L’Education nationale est certainement l’un des portefeuilles ministériels qu’aucun politique ne se dispute à la veille de la formation d’un gouvernement. C’est un ministère hautement stratégique, mais tout aussi problématique.
Et ce n’est pas Chakib Benmoussa qui dira le contraire. Dès sa nomination, il jugeait d’un préjugé favorable, puisqu’il a présidé la Commission spéciale pour le modèle de développement (CSMD), laquelle a fait une radioscopie profonde du système éducatif, passant au peigne fin ses failles et faiblesses. Il connaît donc bien le secteur.
L’une de ses premières démarches a été d’ouvrir le dialogue social avec les syndicats et les représentants des enseignants contractuels, histoire de pacifier les centrales syndicales rebelles, mais surtout de montrer sa disponibilité à discuter, écouter, négocier et prendre en considération les intérêts de toutes les parties prenantes.
Mais cela ne semble pas suffire face à la complexité des dossiers qu’il a à gérer. Sa première initiative courageuse a été de réformer le concours d’accès aux Académies régionales d’éducation et de formation (AREF), qui fixe l'âge maximum d'accès à la profession enseignante à 30 ans.

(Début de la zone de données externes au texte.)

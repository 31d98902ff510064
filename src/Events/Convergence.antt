-- ===== src/Events/Convergence.antt =====
-- Catalogs that heard the same events agree (internal/events/processor.go over internal/dashboards):
-- messages arrive at least once and in any order.
use booth_catalog.Prelude.{
  ◌≤◌, ltb, List, [], ◌∷◌, Option, none, some, ◌⊎◌, ◌≡◌, ◌↔◌, refl, sym, ap, ◌∙◌, arith, eq_iff,
  eq_refl, nat_eq, list_eq, Bool-cases, Option-cases, inl, inr, subst,
}
use booth_catalog.Prelude.GoMap
use booth_catalog.Text.{Text}
use booth_catalog.Data.Model.{Time}
use booth_catalog.Dashboards.Store.{MemoryStore, new_store, find}
use booth_catalog.Dashboards.Store.Register.{
  IsWellFormed, new_store-IsWellFormed, Event, register, newer,
}
use booth_catalog.Dashboards.Store.Elsewhere.{is_same}
use booth_catalog.Events.{Payload, Envelope, read}
use booth_catalog.Events.Dashboards.{DashboardData, memory_catalog, parse_subject, handle}
use booth_catalog.Events.Registers.{Said, said_by, heard, IsFresh, settle-HasHeard}

abbrev pub Message : Type 0
Message = Text × Payload

-- Some message of the list is this one.
abbrev pub Has : Message → List Message → Type 0
Has a [] = ⊥
Has a (b ∷ bs) = (a ≡ b) ⊎ Has a bs

module _ (envelope : Payload → Text ⊎ Envelope) (dashboard : Payload → Text ⊎ DashboardData) where
  -- The store that a processor leaves that has handled these messages in this order. Each time the
  -- drawn ID is new, and the clock shows anything.
  pub data Run : List Message → MemoryStore → MemoryStore → Type 0 where
    done : {m : MemoryStore} → Run [] m m
    next :
        {ms : List Message} {m m' : MemoryStore}
        → (a : Message) (id : Text) (now : Time) → IsFresh id m
        → Run ms (handle (memory_catalog id now) envelope dashboard m a.0 a.1).1 m'
        → Run (a ∷ ms) m m'

  abbrev pub said : Message → Option Said
  said a = said_by (read dashboard parse_subject envelope a.0 a.1)

  -- A message says this of a dashboard.
  abbrev pub Says : Text → Text → Text → Event → Message → Type 0
  Says ws sm ext e a = said a ≡ some (ws, sm, ext, e)

  -- No two messages say different things of a dashboard at one time.
  abbrev pub IsOrdered : List Message → Type 0
  IsOrdered ms =
      (a b : Message) (ws sm ext : Text) (e f : Event)
      → Has a ms
      → Has b ms
      → Says ws sm ext e a
      → Says ws sm ext f b
      → e.0 ≡ f.0
      → e ≡ f

  module _ (ws sm ext : Text) where
    hears : List Message → Option Event → Option Event
    hears [] s = s
    hears (a ∷ ms) s = hears ms (heard ws sm ext (said a) s)

    Run-hears :
        (ms : List Message) (m m' : MemoryStore)
        → IsWellFormed m
        → Run ms m m'
        → register m' ws sm ext ≡ hears ms (register m ws sm ext)
    unfolding hears handle
    Run-hears [] m _ before done = refl
    Run-hears (a ∷ ms) m m' before (next _ id now fresh run) =
        let (well, here) =
          settle-HasHeard m before id now fresh (read dashboard parse_subject envelope a.0 a.1) in
        Run-hears ms _ m' well run ∙ ap (hears ms) (here ws sm ext)

    abbrev pub IsSince : Time → Option Event → Type 0
    IsSince t none = ⊥
    IsSince t (some e) = t ≤ e.0

    heard-IsSince :
        (t : Time) (w : Option Said) (s : Option Event)
        → IsSince t s
        → IsSince t (heard ws sm ext w s)
    heard-IsSince t none s h = h
    heard-IsSince t (some (ws', sm', ext', e)) none h = absurd h
    heard-IsSince t (some (ws', sm', ext', e)) (some old) h = ground arith

    hears-IsSince :
        (t : Time) (ms : List Message) (s : Option Event) → IsSince t s → IsSince t (hears ms s)
    unfolding hears
    hears-IsSince t [] s h = h
    hears-IsSince t (a ∷ ms) s h = hears-IsSince t ms _ (heard-IsSince t (said a) s h)

    -- Nothing that was said is later than what is kept.
    hears-latest :
        (ms : List Message) (s : Option Event) (a : Message) (e : Event)
        → Has a ms
        → Says ws sm ext e a
        → IsSince e.0 (hears ms s)
    unfolding hears
    hears-latest [] s a e has h = absurd has
    hears-latest (b ∷ ms) s a e (inl p) h = hears-IsSince e.0 ms _ (rw (sym p) (rw h (takes s)))
      where
        takes : (s : Option Event) → IsSince e.0 (heard ws sm ext (some (ws, sm, ext, e)) s)
        takes none = ground (arith, eq_refl ws, eq_refl sm, eq_refl ext)
        takes (some old) = ground (arith, eq_refl ws, eq_refl sm, eq_refl ext)
    hears-latest (b ∷ ms) s a e (inr p) h = hears-latest ms _ a e p h

    heard-said :
        (w : Option Said) (s : Option Event) (e : Event)
        → heard ws sm ext w s ≡ some e
        → (s ≡ some e) ⊎ (w ≡ some (ws, sm, ext, e))
    heard-said none s e h = inl h
    heard-said (some (ws', sm', ext', f)) s e h =
        elim (Bool-cases (is_same ws' sm' ext' ws sm ext)) [
          | inr p ↦ inl (ground arith)
          | inl p ↦
              let w : ws' ≡ ws = ground (arith, eq_iff ws' ws) in
              let m : sm' ≡ sm = ground (arith, eq_iff sm' sm) in
              let x : ext' ≡ ext = ground (arith, eq_iff ext' ext) in
              elim (kept s f e (ground arith)) [
                | inl q ↦ inl q
                | inr q ↦ inr (rw (w, m, x, q) refl)
              ]
        ]
      where
        kept : (s : Option Event) (f e : Event) → newer s f ≡ some e → (s ≡ some e) ⊎ (f ≡ e)
        kept none f e h = inr (ground arith)
        kept (some old) f e h = elim (Bool-cases (ltb f.0 old.0)) [
          | inl p ↦ inl (ground arith)
          | inr p ↦ inr (ground arith)
        ]

    -- What is kept was there before or was said.
    hears-said :
        (ms : List Message) (s : Option Event) (e : Event)
        → hears ms s ≡ some e
        → (s ≡ some e) ⊎ ((a : Message) × Has a ms × Says ws sm ext e a)
    unfolding hears
    hears-said [] s e h = inl h
    hears-said (a ∷ ms) s e h = elim (hears-said ms _ e h) [
      | inr (b, has, is) ↦ inr (b, inr has, is)
      | inl p ↦ elim (heard-said (said a) s e p) [ inl q ↦ inl q | inr q ↦ inr (a, inl refl, q) ]
    ]

    -- What one sequence keeps was said, and is not later than what another with its messages keeps.
    kept_later :
        (ms ns : List Message) (f : Event)
        → ((a : Message) → Has a ns → Has a ms)
        → hears ns none ≡ some f
        → ((a : Message) × Has a ms × Says ws sm ext f a) × IsSince f.0 (hears ms none)
    kept_later ms ns f within h = elim (hears-said ns none f h) [
      | inl p ↦ absurd (ground arith)
      | inr (a, has, is) ↦ ((a, within a has, is), hears-latest ms none a f (within a has) is)
    ]

    -- Two sequences of the same messages, from nothing.
    hears-agree :
        (ms ns : List Message)
        → ((a : Message) → Has a ms ↔ Has a ns)
        → IsOrdered ms
        → hears ms none ≡ hears ns none
    hears-agree ms ns same ordered = elim (Option-cases (hears ms none)) [
      | inl p ↦ elim (Option-cases (hears ns none)) [
        | inl q ↦ p ∙ sym q
        | inr (f, q) ↦ absurd (subst (IsSince f.0) p (kept_later ms ns f (λ a. (same a).1) q).1)
      ]
      | inr (e, p) ↦
          let ((a, has, is), _) = kept_later ms ms e (λ a h. h) p in
          let (_, since) = kept_later ns ms e (λ a. (same a).0) p in
          elim (Option-cases (hears ns none)) [
            | inl q ↦ absurd (subst (IsSince e.0) q since)
            | inr (f, q) ↦
                let ((b, had, was), since') = kept_later ms ns f (λ a. (same a).1) q in
                let le : e.0 ≤ f.0 = subst (IsSince e.0) q since in
                let ge : f.0 ≤ e.0 = subst (IsSince f.0) p since' in
                p ∙ ap some (ordered a b ws sm ext e f has had is was (omega arith)) ∙ sym q
          ]
    ]

  -- Two in-memory catalogs that started empty and have handled the same messages, each any number of
  -- times and in any order, show the same of every dashboard: whether it is there, its content and the
  -- time of the last event. The IDs drawn are new, and no two of the messages say different things of
  -- one dashboard at one time.
  pub Run-agree :
      (ms ns : List Message) (m n : MemoryStore)
      → Run ms new_store m
      → Run ns new_store n
      → ((a : Message) → Has a ms ↔ Has a ns)
      → IsOrdered ms
      → (ws sm ext : Text) → register m ws sm ext ≡ register n ws sm ext
  unfolding find GoMap.find
  Run-agree ms ns m n run run' same ordered ws sm ext =
      Run-hears ws sm ext ms new_store m new_store-IsWellFormed run
      ∙ hears-agree ws sm ext ms ns same ordered
      ∙ sym (Run-hears ws sm ext ns new_store n new_store-IsWellFormed run')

Une réforme qui a suscité une véritable levée de boucliers et rencontré une vive opposition au sein des différentes centrales syndicales.
A peine les tensions apaisées, voilà que Benmoussa est confronté actuellement à un autre front social : la grève des enseignants contractuels.
Ils remettent sur la table une vieille revendication : leur intégration pure et simple dans la fonction publique. Tout en restant sourds à toute autre alternative. Cette radicalité annihile ainsi toute possibilité de trouver un compromis et place le ministre de l’Education nationale en bien mauvaise posture.
Si, devant cette impasse, il se dit néanmoins prêt à poursuivre le dialogue social, la partie adverse par contre, par la voix de la Coordination nationale des enseignants-cadres des Aref, privilégie actuellement la politique de la chaise vide.
Les enseignants contractuels choisissent de battre régulièrement le pavé que de s’asseoir autour de la table des négociations. Avec une conception somme toute assez rigide de la recherche de compromis : aucune concession possible; c’est la fonction publique ou rien.
C’est pourquoi le porte-parole du gouvernement, Mustapha Baitas, est monté au créneau pour affirmer que «la grève et les décisions de militantisme et d'escalade doivent intervenir lorsque la porte du dialogue est fermée (...) Mais le dialogue se poursuit avec les syndicats et il n'est pas encore clos».
Forcément, tout cela est embêtant pour Benmoussa qui, au lieu de mettre ses compétences techniques et son expertise au service d’un meilleur système éducatif, doit maintenant plutôt gérer une crise sociale majeure, héritée du précédent gouvernement. Mais dont les seules et vraies victimes sont les élèves, contraints à faire… l’école buissonnière.
«L'observation d'un débrayage de 14 jours est injustifiée, de même qu'il est insensé que les élèves ne suivent pas leurs cours», peste, à ce titre, Baitas.